I work in painting, sculpture, and public art. These disparate parts of my practice are unified by the inclusion of patterns or fragments that come together to form a whole.
My work is influenced by historic craft processes: theorem painting, stained glass, metalsmithing, mosaic, appliqué, and embroidery. These aesthetics are a manifestation of autonomy and a way for me to experience visual pleasure.
Sculptures:
My sculptural practice began with a question: How can I act outside of
myself, and what would I do? I combine references to the body with functional
domestic objects. These forms are domestic trappings. They contain myths
of leisure, comfort, and stability.
My subject, the human figure, is both entrapped and enlivened by its form. I
consider my own identity as a woman, at a time when individual agency
and bodily autonomy is being threatened. I think about the ways the body
can be destabilized in these works.
I create uncanny bodies that ask questions about agency, beauty, capitalism, action, and fulfillment. I am particularly interested in creating objects that interact with weather- especially wind and light- in an effort to be present and to explore what makes us feel.
Paintings:
My recent paintings are psychological landscapes. These fractured abstractions consider the literary term “pathetic fallacy,” which is used to describe the attribution of human emotion to nature.

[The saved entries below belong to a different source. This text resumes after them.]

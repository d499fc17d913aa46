-- ===== src/Locks/Exclusion.antt =====
-- No two processes hold a lock at once, whatever they do and in whatever order.
use chiliztv_com.Base.{
  sym, ◌∙◌, Among-update_where, [], Among-filter, if◌then◌else◌, text_eq_iff, Bool-cases,
  update_where, text_eq, ap, inr, not, filter, inl, arith, none, some, ◌⊎◌, ◌<◌, ℕ, ◌+◌, ◌*◌, ◌≡◌,
  ◌∷◌, Among, Text,
}
use chiliztv_com.Locks.{renew, release, live, Redis, acquire}
use chiliztv_com.Locks.Leases.{
  here, next, passes, loses, renews, releases, attempts, next, acquires, Step, Holding, Reach,
  System, Backs, IsBacked, backed_live, acquire-free, acquire-unchanged, release_cases, renew_lem,
  same_token,
}

module _ (redis : Redis) (key : Text) where
  open redis use {Store, entry}

  released-IsBacked :
      (s : System redis key) (token : Text) (store : Store)
      → (store ≡ s.store) ⊎ (live s.now (entry key s.store) ≡ some token)
      → IsBacked redis key s
      → IsBacked redis key (record s {
        store = store;
        holdings = filter (λ (h : Holding). not (text_eq h.token token)) s.holdings;
      })
  released-IsBacked s token store (inl e) b h m l =
      let (at, t) =
        (Among-filter (λ (x : Holding). not (text_eq x.token token)) s.holdings h).0 m in
      rw e (b h at l)
  released-IsBacked s token store (inr e) b h m l =
      let (at, t) =
        (Among-filter (λ (x : Holding). not (text_eq x.token token)) s.holdings h).0 m in
      absurd (
        cc (
          t,
          (text_eq_iff h.token token).1 (same_token redis key s.store s.now h token (b h at) l e),
        ))

  renewed-Backs :
      (s : System redis key) (token : Text) (ttl : ℕ) (store : Store)
      → live s.now (entry key s.store) ≡ some token
      → entry key store ≡ some (token, s.now + ttl * 1000)
      → (h : Holding) → Backs redis key s.store s.now h
      → Backs redis key store s.now
          (if text_eq h.token token then record h { until = s.now + ttl * 1000 } else h)
  renewed-Backs s token ttl store held e h b = elim (Bool-cases (text_eq h.token token)) [
    | inl t ↦ rw t (λ l. (
      s.now + ttl * 1000,
      e ∙ ap (λ x. some (x, s.now + ttl * 1000)) (sym ((text_eq_iff h.token token).0 t)),
      omega arith,
    ))
    | inr t ↦ rw t (λ l. absurd (
        cc
          (t, (text_eq_iff h.token token).1 (same_token redis key s.store s.now h token b l held))))
  ]

  acquired-IsBacked :
      (s : System redis key) (token : Text) (ttl : ℕ) (store : Store)
      → live s.now (entry key s.store) ≡ none
      → entry key store ≡ some (token, s.now + ttl * 1000)
      → IsBacked redis key s
      → IsBacked redis key (record s {
        store = store;
        holdings = record { token = token; until = s.now + ttl * 1000 } ∷ s.holdings;
      })
  acquired-IsBacked s token ttl store free e b h (inl m) =
      rw m (λ l. (s.now + ttl * 1000, e, omega arith))
  acquired-IsBacked s token ttl store free e b h (inr m) =
      λ l. absurd (cc (backed_live redis key s.store s.now h (b h m) l, free))

  renewed-IsBacked :
      (s : System redis key) (token : Text) (ttl : ℕ) (store : Store)
      → live s.now (entry key s.store) ≡ some token
      → entry key store ≡ some (token, s.now + ttl * 1000)
      → IsBacked redis key s
      → IsBacked redis key (record s {
        store = store;
        holdings =
            update_where
              (λ (h : Holding). text_eq h.token token)
              (λ h. record h { until = s.now + ttl * 1000 })
              s.holdings;
      })
  renewed-IsBacked s token ttl store held e b h m =
      let (old, n, same) =
        Among-update_where (λ (x : Holding). text_eq x.token token)
          (λ x. record x { until = s.now + ttl * 1000 }) s.holdings h m in
      rw same (renewed-Backs s token ttl store held e old (b old n))

  unchanged-IsBacked :
      (s : System redis key) (store : Store)
      → store ≡ s.store
      → IsBacked redis key s
      → IsBacked redis key (record s { store = store })
  unchanged-IsBacked s store e b h m = rw e (b h m)

  Step-IsBacked :
      {s t : System redis key} → Step redis key s t → IsBacked redis key s → IsBacked redis key t
  Step-IsBacked {s} (acquires reached clock ttl at token fresh e) b =
      let (free, stored) = acquire-free redis key reached s.now clock ttl at token s.store e in
      acquired-IsBacked s token ttl (acquire redis reached s.now clock key ttl token s.store).1 free
        stored b
  Step-IsBacked {s} (attempts reached clock ttl token e) b =
      unchanged-IsBacked s (acquire redis reached s.now clock key ttl token s.store).1
        (acquire-unchanged redis key reached s.now clock ttl token s.store e) b
  Step-IsBacked {s} (releases reached token) b =
      released-IsBacked s token (release redis reached s.now key token s.store).1
        (release_cases redis key reached s.now token s.store) b
  Step-IsBacked {s} (renews reached ttl token e) b =
      let (held, stored) = (renew_lem redis key reached s.now ttl token s.store).0 e in
      renewed-IsBacked s token ttl (renew redis reached s.now key token ttl s.store).1 held stored b
  Step-IsBacked {s} (loses reached ttl token e) b =
      unchanged-IsBacked s (renew redis reached s.now key token ttl s.store).1
        ((renew_lem redis key reached s.now ttl token s.store).1 e) b
  Step-IsBacked {s} (passes time) b = λ h m l. b h m (omega arith)

  Reach-IsBacked :
      {start s : System redis key}
      → Reach redis key start s
      → IsBacked redis key start
      → IsBacked redis key s
  Reach-IsBacked here b = b
  Reach-IsBacked (next r step) b = Step-IsBacked step (Reach-IsBacked r b)

-- From a state in which no process holds the lock, whatever processes acquire, renew and give back, in
-- whatever order, with calls that fail and time that passes, no two leases with different tokens are
-- running at once: a process whose lease is not over is alone. Each token is acquired once.
pub mutual_exclusion :
    (redis : Redis) (key : Text) (start s : System redis key)
    → start.holdings ≡ []
    → Reach redis key start s
    → (a b : Holding) → Among a s.holdings
    → Among b s.holdings
    → s.now < a.until
    → s.now < b.until
    → a.token ≡ b.token
mutual_exclusion redis key start s none_held r a b m n la lb =
    let backed = Reach-IsBacked redis key r (λ h k. absurd (rw none_held at k)) in
    let (d, e, _) = backed a m la in let (d', e', _) = backed b n lb in ground arith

Contradicting associations of beauty, comfort, leisure, and stability, the patterns and fragments of my darkened, splintering landscapes come together to form garden landscapes. Flowers are ravaged by storms. My work in painting explores weather as a harbinger, a specific emotional state, and a force we act with and against. The paintings are about fortitude and perseverance but also what threatens us.
Public Art:
I have been creating large scale public works for over a decade. These projects incorporate bright colors and patterns arranged in abstract, geometric compositions that completely transform their environment. These works are often inspired by quilting and domestic craft techniques that embrace decoration. I recontextualize these aesthetics to reference notions of the "home" and "community" in public space to emphasize our collective agency and indicate that our public spaces belong to all of us.
My recent public works embrace Radical Joy in response to the precarity and anxiety we face every day. I create joyful experiences for visitors, residents, and passersby in the locations where I install my work.